Amazon ändert seine Preise bis zu 2,5 Millionen Mal pro Tag. Wer glaubt, das sei nur etwas für Tech-Giganten, irrt: Dynamisches Pricing mit KI ist längst auch für mittelgroße Online-Shops zugänglich – und wer es nicht nutzt, gibt Marge ab.
Was dynamisches Pricing wirklich bedeutet
Dynamisches Pricing bedeutet nicht, Preise willkürlich zu erhöhen, wenn die Nachfrage steigt. Es bedeutet, Preise datenbasiert und in Echtzeit an veränderte Marktbedingungen anzupassen – nach oben wie nach unten. KI-Systeme analysieren dafür gleichzeitig dutzende Faktoren: Wettbewerberpreise, eigene Lagerbestände, Tageszeit, Nachfragetrends, Saisonalität, Warenkorbgröße und historische Kaufmuster.

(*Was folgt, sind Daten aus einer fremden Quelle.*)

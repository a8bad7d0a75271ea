-- ===== src/Peer.antt =====
-- peer/peer.c: one peer of the swarm, and the messages that are exchanged with it (peer/packets).
-- What is printed is left out.
pub mod Stream
pub mod Handshake
pub mod ExtendedHandshake
pub mod Metadata
pub mod RequestPiece
pub mod Session
pub mod Reassembly
pub mod Numbers
pub mod Wire
pub mod Pieces
pub mod Ends
pub mod Refused
pub mod Files
pub mod Shown
pub mod Described
pub mod Fetch
use uvg_torrent.Base.{
  ℕ, zero, suc, ◌+◌, ◌-◌, ◌*◌, ◌^◌, Bool, true, false, ◌||◌, Option, none, some, List, [], ◌∷◌,
  ◌++◌, take, length, ◌==◌, ltb, leb, if◌then◌else◌, Run, ok, fault, Exit, exit_success,
  exit_failure,
}
use uvg_torrent.Base
use uvg_torrent.Libc.{CString}
use uvg_torrent.Words.{Host}
use uvg_torrent.Os.{Os, Cmd, pure, ◌>>=◌, lift}
use uvg_torrent.Socket
use uvg_torrent.Socket.{Socket, SocketType}
use uvg_torrent.Bencode.{Item}
use Metadata.{Slack}

-- The last four fields are none until the extended handshake sets them.
pub record Peer : Type 0 where
  pub ip : CString
  pub port : ℕ
  pub socket : Socket
  pub ut_metadata : Option ℕ
  pub metadata_size : Option ℕ
  pub num_pieces : Option ℕ
  pub piece_size : Option ℕ

-- `Peer_new` and `_init`.
unfoldable pub new : CString → ℕ → Peer
unfolding Socket.new
new ip port = record {
  ip = ip;
  port = port;
  socket = Socket.new ip port SocketType.tcp;
  ut_metadata = none;
  metadata_size = none;
  num_pieces = none;
  piece_size = none;
}

-- `Peer_destroy`: the memory apart, the destruction of the socket.
unfoldable pub destroy : Os → Peer → Cmd (Unit {0})
unfolding Socket.destroy
destroy os this = Socket.destroy os this.socket

-- "-UVG012345678912345-".
abbrev pub our_peer_id : CString
our_peer_id =
    b'-' ∷ b'U' ∷ b'V' ∷ b'G' ∷ b'0' ∷ b'1' ∷ b'2' ∷ b'3' ∷ b'4' ∷ b'5' ∷ b'6' ∷ b'7' ∷ b'8' ∷ b'9'
    ∷ b'1' ∷ b'2' ∷ b'3' ∷ b'4' ∷ b'5' ∷ b'-' ∷ []

-- What the bytes of a struct come to where the program reads it as another type: those of a
-- `Hashmap` or a `Linkedlist` as an `int`, those of a `Hashmap` as a text, and as a `Linkedlist`, which
-- finds one of the buckets where the head would be. `destroyed` is the call through its `destroy`.
pub record Mistaken : Type 1 where
  pub table_int : ℕ
  pub list_int : ℕ
  pub table_text : CString
  pub table_list : {T : Type 0} → T → Run (List (Item T))
  pub destroyed : {T : Type 0} → T → Run (Unit {0})

-- How many bytes the platform leaves behind the arrays that `strcpy` and `sprintf` fill, and how it
-- lays out the structs.
pub record Layout : Type 1 where
  pub handshake : ℕ
  pub metadata : Slack
  -- behind `dict_key`, an array of so many characters
  pub dict_key : ℕ → ℕ
  -- what the uninitialised `long` of `bencode_to_hashmap` holds
  pub unset_long : ℕ
  pub mistaken : Mistaken

-- `char meta_data[a * b]` of two signed numbers: none if the product is negative or overflows.
unfoldable pub array_size : ℕ → ℕ → Option ℕ
array_size a b =
    let fits = λ (n : ℕ). if leb (2 ^ 31) n then none else some n in
    if ltb a (2 ^ 31)
    then (if ltb b (2 ^ 31) then fits (a * b) else if a == 0 then some 0 else none)
    else if ltb b (2 ^ 31)
    then (if b == 0 then some 0 else none)
    else fits ((2 ^ 32 - a) * (2 ^ 32 - b))

-- The rounds of `for (piece = 0; piece < n; piece++)`.
unfoldable pub rounds : ℕ → ℕ
rounds n = if ltb n (2 ^ 31) then n else 0
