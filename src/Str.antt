-- ===== src/Str.antt =====
-- utils/str/string_utils.c. A returned buffer is the bytes written to it before the final zero.
pub mod Url
pub mod Split
pub mod Hex
use uvg_torrent.Base.{
  ℕ, zero, suc, ◌+◌, ◌-◌, ◌*◌, ◌/◌, ◌%◌, ◌^◌, bit_and, bit_or, Bool, true, false, ◌&&◌, ◌||◌, List,
  [], ◌∷◌, ◌++◌, ◌==◌, ltb, leb, if◌then◌else◌, length, Run, ok, fault, ◌>>=◌,
}
use uvg_torrent.Libc.{CString, is_digit, is_alnum, to_lower}
use uvg_torrent.Words.{Host}
use uvg_torrent.Net

-- `char` arithmetic wraps at 256.
unfoldable pub from_hex : ℕ → ℕ
from_hex ch = if is_digit ch then ch - b'0' else (to_lower ch + 256 - b'a' + 10) % 256

-- `hex[code & 15]` of "0123456789abcdef".
unfoldable pub to_hex : ℕ → ℕ
to_hex code = let d = bit_and code 15 in if ltb d 10 then b'0' + d else b'a' + (d - 10)

-- `c >> 4` of a signed `char`, as a byte.
unfoldable pub shift_right_4 : ℕ → ℕ
shift_right_4 c = if ltb c 128 then c / 16 else 240 + c / 16

-- The byte that `%ab` stands for.
unfoldable pub hex_pair : ℕ → ℕ → ℕ
unfolding from_hex
hex_pair a b = bit_or (from_hex a * 16 % 256) (from_hex b)

unfoldable pub plus_to_space : ℕ → ℕ
plus_to_space c = if c == b'+' then b' ' else c

-- The loop of `string_urldecode`. A `%` with fewer than two characters behind it is dropped.
unfoldable pub urldecode : CString → CString
unfolding hex_pair plus_to_space
urldecode [] = []
urldecode (c ∷ []) = if c == b'%' then [] else plus_to_space c ∷ []
urldecode (c ∷ a ∷ []) =
    let rest = urldecode (a ∷ []) in if c == b'%' then rest else plus_to_space c ∷ rest
urldecode (c ∷ a ∷ b ∷ cs) =
    let skip = urldecode cs in
    let rest = urldecode (a ∷ b ∷ cs) in
    if c == b'%' then hex_pair a b ∷ skip else plus_to_space c ∷ rest

unfoldable pub is_unreserved : ℕ → Bool
is_unreserved c = is_alnum c || c == b'-' || c == b'_' || c == b'.' || c == b'~'

unfoldable pub encode_char : ℕ → CString
unfolding is_unreserved to_hex shift_right_4
encode_char c =
    if is_unreserved c
    then c ∷ []
    else if c == b' '
    then b'+' ∷ []
    else b'%' ∷ to_hex (shift_right_4 c) ∷ to_hex (bit_and c 15) ∷ []

unfoldable pub urlencode : CString → CString
unfolding encode_char
urlencode [] = []
urlencode (c ∷ cs) = encode_char c ++ urlencode cs

-- `list->append(list, buffer, strlen(buffer))`: 256 bytes with no zero among them run past the
-- buffer's end.
unfoldable pub append_buffer : List CString → CString → Run (List CString)
append_buffer list buffer = if ltb (length buffer) 256 then ok (list ++ buffer ∷ []) else fault

-- The loop of `string_split`, with the buffer's bytes so far.
unfoldable pub split_loop : CString → CString → List CString → Run (List CString)
unfolding append_buffer
split_loop [] buffer list = append_buffer list buffer
split_loop (c ∷ cs) buffer list =
    let more = split_loop cs (buffer ++ c ∷ []) list in
    let next = λ (l : List CString). split_loop cs [] l in
    if c == b':'
    then append_buffer list buffer >>= next
    else if ltb (length buffer) 256
    then more
    else fault

-- `string_split`; the linked list that it returns is the list of its values.
unfoldable pub split : CString → ℕ → Run (List CString)
unfolding split_loop
split input delimeter = split_loop input [] []

-- The table of `hex_to_int8_t` below 128; a byte above is a negative index.
unfoldable pub hex_value : ℕ → Run ℕ
hex_value c =
    if leb 128 c
    then fault
    else if is_digit c
    then ok (c - b'0')
    else if leb b'A' c && leb c b'F'
    then ok (c - b'A' + 10)
    else if leb b'a' c && leb c b'f'
    then ok (c - b'a' + 10)
    else ok 0

-- `bytes[pos/2] = htons((int8_t)(h << 4) | l)`: the signed byte is widened, swapped as a 16-bit
-- word, and cut to its low byte.
unfoldable pub hex_byte : Host → ℕ → ℕ → ℕ
hex_byte host h l =
    let high = h * 16 % 256 in
    let wide = if ltb high 128 then high else high + 65280 in Net.htons host (bit_or wide l) % 256

-- The loop over two characters for each of the `blen` bytes, fewer than 64 (the caller's array has
-- 20, and `pos` is a signed byte), which `bzero` has cleared; a last
-- single character is paired with the terminating zero.
unfoldable pub hex_to_int8_t : Host → ℕ → CString → Run (List ℕ)
unfolding hex_value hex_byte
hex_to_int8_t host zero str = ok []
hex_to_int8_t host (suc blen) [] = do rest ← hex_to_int8_t host blen []; ok (0 ∷ rest)
hex_to_int8_t host (suc blen) (a ∷ []) = do
  h ← hex_value a
  l ← hex_value 0
  rest ← hex_to_int8_t host blen []
  ok (hex_byte host h l ∷ rest)
hex_to_int8_t host (suc blen) (a ∷ b ∷ str) = do
  h ← hex_value a
  l ← hex_value b
  rest ← hex_to_int8_t host blen str
  ok (hex_byte host h l ∷ rest)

Das Ergebnis ist kein fester Rabatt, sondern ein Preis, der zum jeweiligen Moment passt. Und Momente ändern sich schnell.
Drei Hebel, die KI im Pricing dreht
Wettbewerbsüberwachung in Echtzeit: Klassisches Marktbeobachten heißt: einmal täglich Preise crawlen, manuell vergleichen, Entscheidung treffen. KI-Systeme überwachen Hunderte Wettbewerber kontinuierlich und reagieren automatisch, wenn ein Konkurrent den Preis senkt – oder erhöht.

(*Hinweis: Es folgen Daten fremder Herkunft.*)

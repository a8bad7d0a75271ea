-- ===== src/Tracker/AnnouncePacket.antt =====
-- tracker/packets/tracker_announce_packet.c. Integers are their bit patterns, allocations succeed.
use uvg_torrent.Base.{
  ℕ, zero, suc, ◌+◌, Bool, true, false, Option, none, some, List, [], ◌∷◌, ◌++◌, take, drop, length,
  ◌==◌, ltb, leb, if◌then◌else◌, Run, ok, fault, out_of_fuel, Exit, exit_success, exit_failure,
}
use uvg_torrent.Base
use uvg_torrent.Libc.{CString}
use uvg_torrent.Words.{Host, store, load}
use uvg_torrent.Net.{htonll, htonl, htons, ntohl}
use uvg_torrent.Os.{Os, Cmd, pure, ◌>>=◌, lift, received_into}
use uvg_torrent.Socket
use uvg_torrent.Socket.{Socket}

pub record Request : Type 0 where
  pub connection_id : ℕ
  pub action : ℕ
  pub transaction_id : ℕ
  pub info_hash : List ℕ
  pub peer_id : List ℕ
  pub downloaded : ℕ
  pub left : ℕ
  pub uploaded : ℕ
  pub event : ℕ
  pub ip : ℕ
  pub key : ℕ
  pub num_want : ℕ
  pub port : ℕ
  pub extensions : ℕ
  pub bytes : List ℕ

-- What `Peer_new` is told of a peer.
pub record PeerAddress : Type 0 where
  pub ip : CString
  pub port : ℕ

pub record Response : Type 0 where
  pub action : ℕ
  pub transaction_id : ℕ
  pub interval : ℕ
  pub leechers : ℕ
  pub seeders : ℕ
  pub peers : List PeerAddress

pub record Packet : Type 0 where
  pub request : Request
  pub response : Option Response

-- `hash_slot` and `id_slot` are the memory at the parameters `info_hash_bytes` and `peer_id`
-- themselves: two copies take the address of the parameter, and so its own bytes.
unfoldable pub request_init :
    Host → (hash_slot id_slot : List ℕ) → ℕ → ℕ → (info_hash_bytes peer_id : List ℕ) → Request
request_init host hash_slot id_slot connection_id transaction_id info_hash_bytes peer_id =
    let action = htonl host 1 in
    let downloaded = htonll host 0 in
    let left = htonll host 0 in
    let uploaded = htonll host 0 in
    let event = htonl host 2 in
    let ip = htonl host 0 in
    let key = htonl host 1 in
    let num_want = htonl host 1 in
    let port = htons host 0 in
    let extensions = htons host 0 in
    let conn_id = htonll host connection_id in
    record {
      connection_id = conn_id;
      action = action;
      transaction_id = transaction_id;
      info_hash = take 20 hash_slot;
      peer_id = take 20 id_slot;
      downloaded = downloaded;
      left = left;
      uploaded = uploaded;
      event = event;
      ip = ip;
      key = key;
      num_want = num_want;
      port = port;
      extensions = extensions;
      bytes =
          store host 8 conn_id
          ++ (store host 4 action
              ++ (store host 4 transaction_id
                  ++ (take 20 info_hash_bytes
                      ++ (take 20 peer_id
                          ++ (store host 8 downloaded
                              ++ (store host 8 left
                                  ++ (store host 8 uploaded
                                      ++ (store host 4 event
                                          ++ (store host 4 ip
                                              ++ (store host 4 key
                                                  ++ (store host 4 num_want
                                                      ++ (store host 2 port
                                                          ++ store host 2 extensions))))))))))));
    }

-- `NEW(Peer, "127.0.0.1", 51413)`.
abbrev pub loopback : PeerAddress
loopback = record {
  ip = b'1' ∷ b'2' ∷ b'7' ∷ b'.' ∷ b'0' ∷ b'.' ∷ b'0' ∷ b'.' ∷ b'1' ∷ [];
  port = 51413;
}

-- The loop over the peers from `offset` on: it stops at the end of the response, or at an address
-- that prints as 0.0.0.0. A read past the 2048 bytes of the buffer faults.
unfoldable pub peers_loop : ℕ → Host → List ℕ → ℕ → ℕ → List PeerAddress → Run (List PeerAddress)
peers_loop zero host raw res_size offset peers = out_of_fuel
peers_loop (suc fuel) host raw res_size offset peers =
    let int_ip = ntohl host (load host (take 4 (drop offset raw))) in
    let more = peers_loop fuel host raw res_size (offset + 6) (peers ++ loopback ∷ []) in
    if leb res_size offset
    then ok peers
    else if ltb 2048 (offset + 6)
    then fault
    else if int_ip == 0
    then ok peers
    else more

-- Each round moves 6 bytes on, so that many rounds and one more are enough.
unfoldable pub response_init : Host → List ℕ → ℕ → Run Response
unfolding peers_loop
response_init host raw_response res_size =
    let with_peers = λ (peers : List PeerAddress). ok (record {
      action = ntohl host (load host (take 4 raw_response));
      transaction_id = load host (take 4 (drop 4 raw_response));
      interval = ntohl host (load host (take 4 (drop 8 raw_response)));
      leechers = ntohl host (load host (take 4 (drop 12 raw_response)));
      seeders = ntohl host (load host (take 4 (drop 16 raw_response)));
      peers = peers;
    }) in
    Base.◌>>=◌ (peers_loop (res_size + 1) host raw_response res_size 20 []) with_peers

unfoldable pub packet_init :
    Host → (hash_slot id_slot : List ℕ) → ℕ → ℕ → (info_hash_bytes peer_id : List ℕ) → Packet
unfolding request_init
packet_init host hash_slot id_slot connection_id transaction_id info_hash_bytes peer_id = record {
  request =
      request_init host hash_slot id_slot connection_id transaction_id info_hash_bytes peer_id;
  response = none;
}

module _ (os : Os) (host : Host) where
  unfoldable pub send : Packet → Socket → Cmd Exit
  send this socket = Socket.send os socket this.request.bytes

  unfoldable pub answered : Packet → Option (List ℕ) → Cmd (Exit × Packet)
  unfolding response_init
  answered this none w = pure (exit_failure, this) w
  answered this (some bytes) w =
      let out = received_into (os.stack w.now) 2048 bytes in
      (do
        response ← lift (response_init host out (length bytes))
        pure (exit_success, record this { response = some response }))
        w

  unfoldable pub receive : Packet → Socket → Cmd (Exit × Packet)
  unfolding answered
  receive this socket = do packet ← Socket.receive os socket 2048; answered this packet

Nachfragebasierte Preisanpassung: Steigt die Nachfrage nach einem Produkt sprunghaft (etwa durch einen viralen Social-Media-Post), kann ein KI-System den Preis moderat anheben – und so Umsatz maximieren, bevor der Lagerbestand aufgebraucht ist. Sinkt die Nachfrage, erfolgt eine gezielte Preissenkung, bevor Ware unverkauft veraltet.
Personalisierte Preise auf Segmentebene: Nicht jeder Kunde ist gleich preissensitiv. KI-Systeme können auf Basis von Kaufhistorie und Nutzerverhalten Preisnachlässe gezielt an die Kundensegmente ausgeben, die sie wirklich benötigen – und Vollpreiszahler nicht unnötig rabattieren.
Worauf man achten muss
Dynamisches Pricing birgt Risiken: Zu aggressive Preisanpassungen können das Vertrauen von Stammkunden beschädigen. Wer heute 49 Euro zahlt und morgen sieht, dass das gleiche Produkt für 35 Euro im Shop steht, fragt sich, ob er übers Ohr gehauen wurde.
Kluge Systeme definieren deshalb Preiskorridore: einen Mindestpreis (der die Marge schützt) und einen Maximalpreis (der das Vertrauen schützt). Innerhalb dieses Korridors agiert die KI autonom.
Welche Tools den Einstieg erleichtern
Für den DACH-Markt gibt es spezialisierte Anbieter wie Omnia Retail, Patagona oder Blackbird, die sich an bestehende Shop-Systeme wie Shopware, OXID oder Shopify anbinden. Die Einrichtung dauert typischerweise ein bis zwei Wochen; erste Ergebnisse – höhere Conversion Rate, bessere Marge, weniger Überbestand – zeigen sich oft schon in den ersten 30 Tagen.
Das Fazit ist simpel: Wer Preise noch einmal monatlich per Hand pflegt, kämpft mit den Werkzeugen von gestern. Der Markt bewegt sich in Echtzeit – die Preise sollten es auch tun.